[DATA — start]
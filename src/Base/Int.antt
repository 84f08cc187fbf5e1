-- ===== src/Base/Int.antt =====
-- The type int: whole numbers, with the range that the language gives them.
use Prim.Native.Nat.{ℕ, ◌-◌, ◌^◌}
use mathlib.Core.Bool.{Bool, true, false, not, ◌&&◌}
use programmable_caching.Base.Tests.{ltb}

-- `negsuc n` is -(n + 1).
pub data ℤ : Type 0 where
  pos : ℕ → ℤ
  negsuc : ℕ → ℤ

abbrev pub ltz : ℤ → ℤ → Bool
ltz (pos a) (pos b) = ltb a b
ltz (pos a) (negsuc b) = false
ltz (negsuc a) (pos b) = true
ltz (negsuc a) (negsuc b) = ltb b a

abbrev pub same_int : ℤ → ℤ → Bool
same_int a b = not (ltz a b) && not (ltz b a)

-- The largest int.
abbrev pub int_max : ℕ
int_max = 2 ^ 31 - 1

-- max(0, a - b) for a count `b`, the rounds of `while (a - b > 0) b++`.
unfoldable pub room : ℤ → ℕ → ℕ
room (pos a) b = a - b
room (negsuc a) b = 0
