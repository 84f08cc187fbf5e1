-- ===== src/Base/Text.antt =====
-- Texts split at a colon, by the scan of std::string::find(':').
use Prim.Native.Char.{Char, code}
use Prim.Native.String.{String, [], ◌∷◌}
pub use Prim.Native.String.{◌++◌ as ◌⧺◌}
use mathlib.Core.Path.{◌≡◌, ap, ◌∙◌}
use mathlib.Core.Bool.{Bool, true, false}
use mathlib.Core.Option.{Option, none, some}
use native.Mathlib.Omega.{arith}
use text.Mathlib.TextLemmas.{nil-append, cons-append}
use programmable_caching.Base.Tests.{if◌then◌else◌, Bool-cases}
use mathlib.Core.Logic.{inl, inr}
use Prim.Native.Nat.{compare, Ordering}

abbrev pub is_colon : Char → Bool
is_colon c = elim (compare (code c) b':') [ Ordering.eq ↦ true | _ ↦ false ]

abbrev cons_some : Char → Option String → Option String
cons_some c none = none
cons_some c (some s) = some (c ∷ s)

-- The text before the first colon; `none` where `find` returns npos.
unfoldable pub until_colon : String → Option String
until_colon [] = none
until_colon (c ∷ s) = if is_colon c then some [] else cons_some c (until_colon s)

-- The text behind the first colon.
unfoldable pub after_colon : String → Option String
after_colon [] = none
after_colon (c ∷ s) = if is_colon c then some s else after_colon s

-- No colon in the text.
abbrev pub IsPlain : String → Type 0
IsPlain s = until_colon s ≡ none

-- A colon between two texts.
abbrev pub colon_join : String → String → String
colon_join s t = s ⧺ ":" ⧺ t

colon_join-cons : (c : Char) (s t : String) → colon_join (c ∷ s) t ≡ c ∷ colon_join s t
colon_join-cons c s t = cons-append c s (":" ⧺ t)

colon_join-nil : (t : String) → colon_join [] t ≡ ":" ∷ t
colon_join-nil t = nil-append (":" ⧺ t) ∙ cons-append ":" [] t ∙ ap (◌∷◌ ":") (nil-append t)

pub until_colon-colon_join : (s t : String) → IsPlain s → until_colon (colon_join s t) ≡ some s
unfolding until_colon
until_colon-colon_join [] t h = rw colon_join-nil
until_colon-colon_join (c ∷ s) t h = rw colon_join-cons (ground (arith, until_colon-colon_join s t))

pub after_colon-colon_join : (s t : String) → IsPlain s → after_colon (colon_join s t) ≡ some t
unfolding until_colon after_colon
after_colon-colon_join [] t h = rw colon_join-nil
after_colon-colon_join (c ∷ s) t h = rw colon_join-cons (ground (arith, after_colon-colon_join s t))

-- A plain text before the colon makes the pair recoverable.
pub colon_join-injective :
    (s t s' t' : String)
    → IsPlain s
    → IsPlain s'
    → colon_join s t ≡ colon_join s' t'
    → (s ≡ s') × (t ≡ t')
colon_join-injective s t s' t' p p' e = (
  cc (until_colon-colon_join s t p, until_colon-colon_join s' t' p'),
  cc (after_colon-colon_join s t p, after_colon-colon_join s' t' p'),
)

-- A text with a colon in it has a part before the first colon.
pub until_colon-some : (s t : String) → (h : String) × (until_colon (colon_join s t) ≡ some h)
unfolding until_colon
until_colon-some [] t = ([], rw colon_join-nil)
until_colon-some (c ∷ s) t = elim (Bool-cases (is_colon c)) [
  | inl e ↦ ([], rw (colon_join-cons, e))
  | inr e ↦ let (h, rest) = until_colon-some s t in (c ∷ h, rw (colon_join-cons, e, rest))
]
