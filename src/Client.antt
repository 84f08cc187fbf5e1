-- ===== src/Client.antt =====
-- storage_service/storage_client: the rules of a client, and how Get and Put run their actions.
pub mod RuleDb
pub mod Service
pub mod Faults
pub mod Answers
pub mod Typing
pub mod Races
mod Tests
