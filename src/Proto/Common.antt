-- ===== src/Proto/Common.antt =====
-- proto/common.proto
use programmable_caching.Base.{String, List, Bool, true, false, if◌then◌else◌, ◌==◌}
use programmable_caching.Base.{Option, none, some, refl, ◌≡◌}
use programmable_caching.Base.Int.{ℤ, same_int}
use programmable_caching.Base.Text.{IsPlain, until_colon}

pub record Task : Type 0 where
  pub id : String
  pub input_file : String
  pub output_file : String

pub record Job : Type 0 where
  pub id : String
  pub task : List Task

abbrev pub empty_task : Task
empty_task = record { id = ""; input_file = ""; output_file = "" }

-- proto3 leaves enumerations open: `unrecognized` stands for a number that the enumeration does not
-- declare. Such a number has no name, for which the library gives the empty text.
pub data OperationType : Type 0 where
  get put remove : OperationType
  unrecognized : ℤ → OperationType

-- Action.Manager: the name is set by the scheduler, the uri by the storage master.
pub record Manager : Type 0 where
  pub name : String
  pub uri : String

pub record GetAction : Type 0 where
  pub key : String
  pub mgr : Manager

pub record CopyFromAction : Type 0 where
  pub key : String
  pub src_mgr : Manager
  pub dst_mgr : Manager

pub record RemoveAction : Type 0 where
  pub key : String
  pub mgr : Manager

pub record PutAction : Type 0 where
  pub key : String
  pub mgr : Manager

pub data Action : Type 0 where
  get_action : GetAction → Action
  copy_from_action : CopyFromAction → Action
  remove_action : RemoveAction → Action
  put_action : PutAction → Action
  action_type_not_set : Action

-- The accessor put_action(): the default message where another member is set.
abbrev pub put_action_of : Action → PutAction
put_action_of (put_action a) = a
put_action_of _ = record { key = ""; mgr = record { name = ""; uri = "" } }

pub record Rule : Type 0 where
  pub op_type : OperationType
  pub key : String
  pub action : List Action

pub data StorageName : Type 0 where
  ephemeral amazons3 redis fake_persistant : StorageName
  unrecognized : ℤ → StorageName

-- OperationType_Name
abbrev pub operation_type_name : OperationType → String
operation_type_name OperationType.get = "GET"
operation_type_name OperationType.put = "PUT"
operation_type_name OperationType.remove = "REMOVE"
operation_type_name (OperationType.unrecognized _) = ""

-- StorageName_Name
abbrev pub storage_name_name : StorageName → String
storage_name_name ephemeral = "EPHEMERAL"
storage_name_name amazons3 = "AMAZONS3"
storage_name_name redis = "REDIS"
storage_name_name fake_persistant = "FAKE_PERSISTANT"
storage_name_name (StorageName.unrecognized _) = ""

-- StorageName_Parse
unfoldable pub storage_name_parse : String → Option StorageName
storage_name_parse s =
    if s == "EPHEMERAL"
    then some ephemeral
    else if s == "AMAZONS3"
    then some amazons3
    else if s == "REDIS"
    then some redis
    else if s == "FAKE_PERSISTANT"
    then some fake_persistant
    else none

-- s_name == ephemeral_
abbrev pub same_storage_name : StorageName → StorageName → Bool
same_storage_name ephemeral ephemeral = true
same_storage_name amazons3 amazons3 = true
same_storage_name redis redis = true
same_storage_name fake_persistant fake_persistant = true
same_storage_name (StorageName.unrecognized a) (StorageName.unrecognized b) = same_int a b
same_storage_name _ _ = false

-- The name that is read back from its text: none for a number that is not declared.
abbrev pub declared : StorageName → Option StorageName
declared (StorageName.unrecognized _) = none
declared n = some n

pub storage_name_parse-storage_name_name :
    (n : StorageName) → storage_name_parse (storage_name_name n) ≡ declared n
unfolding storage_name_parse
storage_name_parse-storage_name_name ephemeral = refl
storage_name_parse-storage_name_name amazons3 = refl
storage_name_parse-storage_name_name redis = refl
storage_name_parse-storage_name_name fake_persistant = refl
storage_name_parse-storage_name_name (StorageName.unrecognized _) = refl

pub operation_type_name-IsPlain : (op : OperationType) → IsPlain (operation_type_name op)
unfolding until_colon
operation_type_name-IsPlain OperationType.get = refl
operation_type_name-IsPlain OperationType.put = refl
operation_type_name-IsPlain OperationType.remove = refl
operation_type_name-IsPlain (OperationType.unrecognized _) = refl

pub storage_name_name-IsPlain : (n : StorageName) → IsPlain (storage_name_name n)
unfolding until_colon
storage_name_name-IsPlain ephemeral = refl
storage_name_name-IsPlain amazons3 = refl
storage_name_name-IsPlain redis = refl
storage_name_name-IsPlain fake_persistant = refl
storage_name_name-IsPlain (StorageName.unrecognized _) = refl
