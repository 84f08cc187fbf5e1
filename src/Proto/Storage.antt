-- ===== src/Proto/Storage.antt =====
-- proto/storage_service.proto
use programmable_caching.Base.{String, List, []}
use programmable_caching.Base.Int.{ℤ}
use programmable_caching.Proto.Common.{Action, Rule, StorageName}

pub data StorageType : Type 0 where
  managed unmanaged : StorageType
  unrecognized : ℤ → StorageType

-- StorageType_Name
abbrev pub storage_type_name : StorageType → String
storage_type_name managed = "MANAGED"
storage_type_name unmanaged = "UNMANAGED"
storage_type_name (StorageType.unrecognized _) = ""

pub record FileId : Type 0 where
  pub key : String

pub record StorageManagerIntroduce : Type 0 where
  pub storage_type : StorageType
  pub storage_name : StorageName
  pub rpc_hostname : String
  pub rpc_port : String
  pub file : List FileId

pub record StorageClientIntroduce : Type 0 where
  pub rpc_hostname : String
  pub rpc_port : String

pub data IntroduceRequest : Type 0 where
  storage_manager : StorageManagerIntroduce → IntroduceRequest
  storage_client : StorageClientIntroduce → IntroduceRequest
  introduce_not_set : IntroduceRequest

pub record IntroduceReply : Type 0 where
  pub name : String

pub record CopyFromRequest : Type 0 where
  pub key : String
  pub dst_uri : String

pub record GetRequest : Type 0 where
  pub key : String

pub record GetReply : Type 0 where
  pub value : String

pub record PutRequest : Type 0 where
  pub key : String
  pub value : String

pub record RemoveRequest : Type 0 where
  pub key : String

pub record InstallRuleRequest : Type 0 where
  pub client : String
  pub rule : Rule

pub record RemoveRuleRequest : Type 0 where
  pub client : String
  pub rule : Rule

pub record StorageChangeRequest : Type 0 where
  pub storage_change : List Action

pub record ManagerView : Type 0 where
  pub name : String
  pub uri : String
  pub key : List String

pub record ClientView : Type 0 where
  pub name : String
  pub uri : String

pub record GetViewReply : Type 0 where
  pub view : List ManagerView
  pub client : List ClientView

-- A message in which nothing is set.
abbrev pub empty_view_reply : GetViewReply
empty_view_reply = record { view = []; client = [] }
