-- ===== src/Proto/Sched.antt =====
-- proto/scheduler.proto
use programmable_caching.Base.{String}
use programmable_caching.Base.Int.{ℤ}

pub record SchedulerIntroduceRequest : Type 0 where
  pub rpc_uri : String
  pub client_rpc_uri : String
  pub maximum_tasks : ℤ
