-- ===== src/Rpc.antt =====
-- The remote calls: */rpc_interfaces/*. gRPC itself is a parameter, one record of operations for
-- each service: an operation sends a request to the server at an address, over a state `S` of the
-- processes that can be reached, and gives the status and the reply that the caller then reads.
-- Its Boolean argument is the option wait_for_ready of the client context.
pub mod ManagerStub
pub mod MasterStub
pub mod ClientStub
pub mod EngineStub
pub mod SchedulerStub
use programmable_caching.Base.{String, Bool}
use programmable_caching.Base.Text.{◌⧺◌}
use programmable_caching.Base.Exec.{Exec}
use programmable_caching.Proto.Common.{Task, Job}
use programmable_caching.Proto.Sched.{SchedulerIntroduceRequest}
use programmable_caching.Proto.Storage.{
  IntroduceRequest, IntroduceReply, StorageChangeRequest, InstallRuleRequest, RemoveRuleRequest,
  GetViewReply, PutRequest, GetRequest, GetReply, RemoveRequest, CopyFromRequest,
}

-- grpc::Status, read only by ok().
pub data Status : Type 0 where
  ok failed : Status

abbrev pub is_ok : Status → Bool
is_ok ok = Bool.true
is_ok failed = Bool.false

-- What a stub holds: the address of its channel.
pub record Stub : Type 0 where
  pub target : String

abbrev pub of_uri : String → Stub
of_uri uri = record { target = uri }

abbrev pub of_host_port : String → String → Stub
of_host_port hostname port = record { target = hostname ⧺ ":" ⧺ port }

-- StorageManagerService
pub record ManagerTransport (S : Type 0) : Type 0 where
  pub send_put : String → Bool → PutRequest → Exec S Status
  pub send_get : String → Bool → GetRequest → Exec S (Status × GetReply)
  pub send_remove : String → Bool → RemoveRequest → Exec S Status
  pub send_copy_from : String → Bool → CopyFromRequest → Exec S Status

-- MasterService
pub record MasterTransport (S : Type 0) : Type 0 where
  pub send_introduce : String → Bool → IntroduceRequest → Exec S (Status × IntroduceReply)
  pub send_heartbeat : String → Bool → Exec S Status
  pub send_storage_change : String → Bool → StorageChangeRequest → Exec S Status
  pub send_install_rule : String → Bool → InstallRuleRequest → Exec S Status
  pub send_remove_rule : String → Bool → RemoveRuleRequest → Exec S Status
  pub send_get_view : String → Bool → Exec S (Status × GetViewReply)

-- StorageClientService, the calls of programs that read and write files
pub record ClientTransport (S : Type 0) : Type 0 where
  pub send_put : String → Bool → PutRequest → Exec S Status
  pub send_get : String → Bool → GetRequest → Exec S (Status × GetReply)
  pub send_remove : String → Bool → RemoveRequest → Exec S Status

-- StorageClientService, the calls of the storage master
pub record RuleTransport (S : Type 0) : Type 0 where
  pub send_install_rule : String → Bool → InstallRuleRequest → Exec S Status
  pub send_remove_rule : String → Bool → RemoveRuleRequest → Exec S Status

-- ExecutionEngineService
pub record EngineTransport (S : Type 0) : Type 0 where
  pub send_execute : String → Bool → Task → Exec S Status

-- SchedulerService
pub record SchedulerTransport (S : Type 0) : Type 0 where
  pub send_submit_job : String → Bool → Job → Exec S Status
  pub send_done : String → Bool → Task → Exec S Status
  pub send_introduce : String → Bool → SchedulerIntroduceRequest → Exec S Status
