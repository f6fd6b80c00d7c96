-- ===== src/Automation/Published/Tests.antt =====
-- Times read by tools/data-poc/src/automation/publishedSnapshotTimes.ts.
use crypto_edge_ai.Common.{str_eq, if◌then◌else◌, String, ◌≡◌, refl, Option, none, some}
use crypto_edge_ai.Json.{Value, str, obj, end, field}
use crypto_edge_ai.Date.{DateText, iso, other, parse}
use crypto_edge_ai.Scanner.Fixtures.{ten_thousandths}
use crypto_edge_ai.Automation.State.{AutomationState, create_initial_automation_state}
use crypto_edge_ai.Automation.Published.{read_published_snapshot_times}
use crypto_edge_ai.Automation.Published.Laws.{IsDated, read_published_snapshot_times-IsDated}

abbrev date_of : String → DateText
date_of s = if str_eq s "2026-01-01T00:00:00.000Z" then iso 100 else other s none

abbrev read_file : String → String → Option (Value ten_thousandths)
read_file run_id file =
    some (
      obj
        (field "provenance" (obj (field "generated_at" (str "2026-01-01T00:00:00.000Z") end)) end))

abbrev state : AutomationState
state = record create_initial_automation_state { last_published_scanner_run_id = some "scan-1" }

scanner_time :
    (read_published_snapshot_times ten_thousandths date_of read_file state).scanner_published_at
    ≡ some (iso 100)
unfolding read_published_snapshot_times parse
scanner_time = refl

read_published_snapshot_times-IsDated_example :
    let times = read_published_snapshot_times ten_thousandths date_of read_file state in
    IsDated times.scanner_published_at
    × IsDated times.context_published_at
    × IsDated times.alternative_me_published_at
    × IsDated times.defillama_published_at
read_published_snapshot_times-IsDated_example =
    read_published_snapshot_times-IsDated ten_thousandths date_of read_file state
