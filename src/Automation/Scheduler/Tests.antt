-- ===== src/Automation/Scheduler/Tests.antt =====
-- A check of the schedule by tools/data-poc/src/automation/schedulerDecision.ts.
use crypto_edge_ai.Common.{◌≡◌, ◌↔◌, ◌⊎◌, refl, true, none, some, ok}
use crypto_edge_ai.Date.{parse, iso}
use crypto_edge_ai.Automation.State.{SchedulerDecisionCode, create_initial_automation_state}
use crypto_edge_ai.Automation.Cadence.{
  LastSuccess, dexscreener_ms, alternative_me_ms, defillama_ms, plan_source_cadence,
}
use crypto_edge_ai.Automation.Cadence.Laws.{IsDue}
use crypto_edge_ai.Automation.Scheduler.{
  SchedulerDecisionInput, SchedulerDecision, known, last_successes, decide_central_schedule,
}
use crypto_edge_ai.Automation.Scheduler.Laws.{IsReady, decide_central_schedule_iff}
use crypto_edge_ai.Automation.Fixtures.{now, plan, recent_state}

abbrev input : SchedulerDecisionInput
input = record {
  now = some now;
  enabled = true;
  state = some recent_state;
  state_available = none;
  active_lock_run_id = known none;
  snapshots = record {
    scanner_published_at = none;
    context_published_at = none;
    alternative_me_published_at = none;
    defillama_published_at = none;
  };
}

abbrev decision : SchedulerDecision
decision = record {
  decision = SchedulerDecisionCode.run_context_only;
  checked_at = iso now;
  active_run_id = none;
  cadence = plan;
  missed_schedule_increment = 1;
}

decided : decide_central_schedule input ≡ ok decision
unfolding decide_central_schedule create_initial_automation_state parse plan_source_cadence
decided = refl

decide_central_schedule_iff_example :
    (last : LastSuccess) × (last_successes input ≡ ok last)
    × ((decision.decision ≡ SchedulerDecisionCode.run_scanner_and_context)
        ↔ (IsReady input × IsDue now dexscreener_ms last.dexscreener))
    × ((decision.decision ≡ SchedulerDecisionCode.run_context_only) ↔ (
        IsReady input
        × (¬ IsDue now dexscreener_ms last.dexscreener)
        × (IsDue now alternative_me_ms last.alternative_me_fng
            ⊎ IsDue now defillama_ms last.defillama_api)))
decide_central_schedule_iff_example = decide_central_schedule_iff input now decision refl decided
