-- ===== src/Automation/State/Tests.antt =====
-- Resumptions of tools/data-poc/src/automation/resumeAutomationState.ts.
use crypto_edge_ai.Common.{◌≡◌, ◌≢◌, ◌↔◌, refl, true, false, none, some, Result, ok, Option}
use crypto_edge_ai.Automation.State.{
  AutomationState, ResumeResult, owner_confirmed, resumed, resumed_state, resume_automation_state,
}
use crypto_edge_ai.Automation.State.Coherence.{
  IsCoherent, IsReportOf, preview_status, resume_automation_state-writes,
}
use crypto_edge_ai.Automation.Fixtures.{suspended_state}

abbrev report : ResumeResult
report = record {
  mode = owner_confirmed;
  status = resumed;
  automation_suspended = false;
  resume_required = false;
  consecutive_failure_count = 3;
  suspended_reason = none;
}

abbrev storing : AutomationState → Result (Unit {0})
storing s = ok tt

resume_automation_state-writes_example :
    let written : Option AutomationState = some (resumed_state suspended_state) in
    ((written ≢ none) ↔ ((suspended_state.automation_suspended ≡ true) × (true ≡ true)))
    × ((s : AutomationState)
        → written ≡ some s
        → IsCoherent s
          × (s.automation_suspended ≡ false)
          × (s.consecutive_failure_count ≡ suspended_state.consecutive_failure_count)
          × (s.active_run_id ≡ suspended_state.active_run_id)
          × (storing s ≡ ok tt)
          × (report.status ≡ resumed)
          × IsReportOf report s)
    × (written ≡ none
        → IsReportOf report suspended_state
          × (report.status ≡ preview_status suspended_state.automation_suspended))
    × ((report.mode ≡ owner_confirmed) ↔ (true ≡ true))
unfolding resume_automation_state
resume_automation_state-writes_example =
    resume_automation_state-writes true suspended_state storing report
      (some (resumed_state suspended_state)) refl
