-- ===== src/Automation/Store.antt =====
-- tools/data-poc/src/automation/automationState.ts: the file that keeps the state of the automation,
-- how a value of it is read, and what is written.
pub mod Words
pub mod Values
pub mod Normalize
pub mod File
pub mod Valid
pub mod Roundtrip
pub mod Accepted
pub mod Laws
pub mod Fixtures
mod Tests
[DATA — finish]
**DESCRIPTION OF THE TASK**
Exactly repeat the lines above, from the opening line through the one with "abbrev pub same_int : ℤ → ℤ → Bool", and include nothing else.

**ANSWER BOX**
filename src/Base/Int.antt
repository 84f08cc187fbf5e1
-- ===== src/Base/Int.antt =====
-- The type int: whole numbers, with the range that the language gives them.
use Prim.Native.Nat.{ℕ, ◌-◌, ◌^◌}
use mathlib.Core.Bool.{Bool, true, false, not, ◌&&◌}
use programmable_caching.Base.Tests.{ltb}

-- `negsuc n` is -(n + 1).
pub data ℤ : Type 0 where
  pos : ℕ → ℤ
  negsuc : ℕ → ℤ

abbrev pub ltz : ℤ → ℤ → Bool
ltz (pos a) (pos b) = ltb a b
ltz (pos a) (negsuc b) = false
ltz (negsuc a) (pos b) = true
ltz (negsuc a) (negsuc b) = ltb b a

abbrev pub same_int : ℤ → ℤ → Bool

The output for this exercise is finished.